On one side, Bassirou Diomaye Faye retains presidential legitimacy. The Constitution gives him the power to appoint the Prime Minister, dismiss him from office, and compose the government on the Prime Minister’s proposal. On the other side, Ousmane Sonko retains control of the majority party and presides over the National Assembly, an institution capable of influencing government action, controlling the executive, and, ultimately, bringing down the government through a motion of censure.
This configuration places the Lo government in a fragile position. To pass its legislation, drive its reforms, or implement sensitive budget measures, it will need to negotiate with a parliamentary majority that is no longer politically aligned with the president. The risk is not only institutional. It is also economic, in a country facing a crisis of confidence related to public debt and the suspension of a program with the International Monetary Fund.

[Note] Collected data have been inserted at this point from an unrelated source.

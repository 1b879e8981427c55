-- ===== src/Sched/Scheduler/Append.antt =====
-- `add_to_ready_queue` of kernel/sched/scheduler.c.
use mathlib.Core.Path.{subst}
use scarlett_os.Base.{
  ℕ, ◌<◌, ◌≡◌, ◌≢◌, refl, sym, ap, ◌∙◌, ◌⊎◌, inl, inr, true, false, some, List, [], ◌∷◌, ◌++◌,
  length, length-append, leb, ◌==◌, Bool-cases, arith,
}
use scarlett_os.Base.Update.{update, update_self}
use scarlett_os.Sched.Scheduler.{
  Scheduler, Runqueue, runqueue, set_head, set_next, add_to_ready_queue, priorities, cpu_index,
}
use scarlett_os.Sched.Scheduler.Queue.{
  Holds, NotIn, Distinct, Disjoint, Holds-update, Holds-append, last_of_lem, last_cases,
  NotIn-append, Distinct-last, Disjoint-last, Disjoint-parts, Holds-nonempty,
}

-- The ready queue of a CPU for a priority.
abbrev pub Queued : Scheduler → ℕ → ℕ → List ℕ → Type 0
Queued s cpu i ts = Holds s.next ((runqueue cpu s).ready_queues i) ts

-- The thread stands at the end of its queue, and the queues that have none of its threads are kept.
pub record Added (s : Scheduler) (cpu i t : ℕ) (ts : List ℕ) (s' : Scheduler) : Type 0 where
  pub queue : Queued s' cpu i (ts ++ t ∷ [])
  pub others :
      (c j : ℕ) (us : List ℕ)
      → (cpu_index c ≢ cpu_index cpu) ⊎ (j ≢ i)
      → Disjoint us (ts ++ t ∷ [])
      → Queued s c j us
      → Queued s' c j us
  pub states : s'.state ≡ s.state
  pub table : s'.thread_table ≡ s.thread_table

pub two_writes :
    (next : ℕ → ℕ) (last t u : ℕ) → u ≢ last → u ≢ t → update (update next last t) t 0 u ≡ next u
two_writes next last t u h k = ground arith

pub head_self :
    (cpu i v : ℕ) (s : Scheduler) → (runqueue cpu (set_head cpu i v s)).ready_queues i ≡ v
head_self cpu i v s =
    let rq = runqueue cpu s in
    ap (λ (r : Runqueue). r.ready_queues i)
      (update_self s.runqueues (cpu_index cpu)
        (record rq { ready_queues = update rq.ready_queues i v }))
    ∙ update_self rq.ready_queues i v

pub head_other :
    (cpu i v c j : ℕ) (s : Scheduler)
    → (cpu_index c ≢ cpu_index cpu) ⊎ (j ≢ i)
    → (runqueue c (set_head cpu i v s)).ready_queues j ≡ (runqueue c s).ready_queues j
head_other cpu i v c j s h = elim (Bool-cases (cpu_index cpu == cpu_index c)) [
  | inr e ↦ rw e refl
  | inl e ↦
      let same : cpu_index c ≡ cpu_index cpu = ground (arith, e) in
      elim h [
        | inl other ↦ absurd (other same)
        | inr other ↦
            let apart : (i == j) ≡ false = ground arith in
            rw (e, apart) (ap (λ (k : ℕ). (s.runqueues k).ready_queues j) (sym same))
      ]
]

empty-Added :
    (s : Scheduler) (cpu t : ℕ)
    → t ≢ 0
    → Added s cpu (s.priority t) t [] (set_next t 0 (set_head cpu (s.priority t) t s))
empty-Added s cpu t nz = record {
  queue = (head_self cpu (s.priority t) t s, nz, update_self s.next t 0);
  others = λ c j us apart (n, u) q.
      rw (head_other cpu (s.priority t) t c j s apart)
        (Holds-update s.next t 0 ((runqueue c s).ready_queues j) us n q);
  states = refl;
  table = refl;
}

linked-Added :
    (s : Scheduler) (cpu i t last : ℕ) (us : List ℕ)
    → t ≢ 0
    → Distinct (us ++ last ∷ [])
    → NotIn t (us ++ last ∷ [])
    → Queued s cpu i (us ++ last ∷ [])
    → Added s cpu i t (us ++ last ∷ []) (set_next t 0 (set_next last t s))
linked-Added s cpu i t last us nz d n q =
    let (before, other) = NotIn-append t last us n in
    let apart : (t == last) ≡ false = ground arith in
    record {
      queue =
          Holds-append s.next (update (update s.next last t) t 0) ((runqueue cpu s).ready_queues i)
            last t us (rw apart (update_self s.next last t))
            (update_self (update s.next last t) t 0) (two_writes s.next last t)
            (Distinct-last last us d) before nz q;
      others = λ c j vs place h r.
          let (h', to_t) = Disjoint-parts vs t (us ++ last ∷ []) h in
          Holds-update (update s.next last t) t 0 ((runqueue c s).ready_queues j) vs to_t (
            Holds-update s.next last t ((runqueue c s).ready_queues j) vs
              (Disjoint-last vs last us h') r);
      states = refl;
      table = refl;
    }

-- With fuel for the queue's length, `add_to_ready_queue` puts a thread that is in no queue behind the
-- others of its priority, and changes no other queue.
pub add_to_ready_queue_lem :
    (fuel t cpu : ℕ) (s : Scheduler) (ts : List ℕ)
    → (runqueue cpu s).locked ≡ false
    → s.priority t < 128
    → t ≢ 0
    → Distinct ts
    → NotIn t ts
    → length ts < fuel
    → Queued s cpu (s.priority t) ts
    → (s' : Scheduler) × (add_to_ready_queue fuel t cpu s ≡ some s')
      × Added s cpu (s.priority t) t ts s'
unfolding add_to_ready_queue
add_to_ready_queue_lem fuel t cpu s ts free p nz d n enough q =
    let fits : leb priorities (s.priority t) ≡ false = ground arith in
    elim (last_cases ts) [
      | inl e ↦
          let empty : Holds s.next ((runqueue cpu s).ready_queues (s.priority t)) [] =
            subst (λ (l : List ℕ). Queued s cpu (s.priority t) l) e q in
          let no_head : ((runqueue cpu s).ready_queues (s.priority t) == 0) ≡ true =
            rw empty refl in
          (
            set_next t 0 (set_head cpu (s.priority t) t s),
            rw (add_to_ready_queue, free, fits, no_head) refl,
            subst
                (λ (l : List ℕ).
                  Added s cpu (s.priority t) t l (set_next t 0 (set_head cpu (s.priority t) t s)))
                (sym e) (empty-Added s cpu t nz),
          )
      | inr (us, last, e) ↦
          let q' : Queued s cpu (s.priority t) (us ++ last ∷ []) =
            subst (λ (l : List ℕ). Queued s cpu (s.priority t) l) e q in
          let enough' : length us < fuel =
            omega (arith, ap (λ (l : List ℕ). length l) e, length-append us (last ∷ [])) in
          let head : ((runqueue cpu s).ready_queues (s.priority t) == 0) ≡ false = ground (
            arith,
            Holds-nonempty s.next ((runqueue cpu s).ready_queues (s.priority t)) last us q',
          ) in
          let walk =
            last_of_lem fuel s.next ((runqueue cpu s).ready_queues (s.priority t)) last us q'
              enough' in
          (
            set_next t 0 (set_next last t s),
            rw (add_to_ready_queue, free, fits, head, walk) refl,
            subst
                (λ (l : List ℕ). Added s cpu (s.priority t) t l (set_next t 0 (set_next last t s)))
                (sym e)
                (linked-Added s cpu (s.priority t) t last us nz (subst Distinct e d)
                  (subst (NotIn t) e n) q'),
          )
    ]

The debt issue is one of the most sensitive points of this new phase. The Senegalese government must reassure financial partners, restore the credibility of public accounts, and find a sustainable budget trajectory. These choices may involve unpopular measures. Without clear support from Pastef, President Faye could find himself exposed to double pressure: that of the markets and financial partners, but also that of his own former political base.
Pastef re-centers around Sonko
The governmental rupture occurs at a time when Pastef is seeking to restructure itself. The congress held in Diamniadio in early June 2026 confirmed Ousmane Sonko’s centrality in the party apparatus. Reelected as the head of the formation, he now appears as the leader of a parliamentary majority that intends to fully play its oversight role.
This new posture marks a significant evolution. Pastef is no longer just the party accompanying governmental action. It now presents itself as a force of vigilance, pressure, and proposals, capable of supporting what it sees as aligned with its project, but also opposing directions it deems contrary to its initial commitments.
For Diomaye Faye, the challenge is therefore considerable. He must govern without fully breaking with the electorate that brought him to power, while building sufficient political autonomy to no longer rely entirely on Sonko and Pastef. This autonomy entails the “Diomaye Président” coalition and seeking new balances around the executive. However, this base remains less structured than Pastef’s militant machine.
The issue goes beyond personal rivalry between the two men. It touches on the very nature of the power stemming from the 2024 election. The rupture project, collectively carried against the former regime, must now survive the separation of its two main figures. The president wants to fully exercise his institutional authority. Sonko wants to preserve the political and doctrinal identity of Pastef. Between the two, the Lo government will have to try to exist.
Senegal thus enters a phase of governability under constraint. Bassirou Diomaye Faye remains president, but he no longer has the party apparatus that had been his electoral strength. Ousmane Sonko is no longer Prime Minister, but he controls the majority party and the National Assembly. This dissociation between the executive power and the political majority opens a period of uncertainty, where each reform, each budget, and each strategic arbitration could become a test of power balance.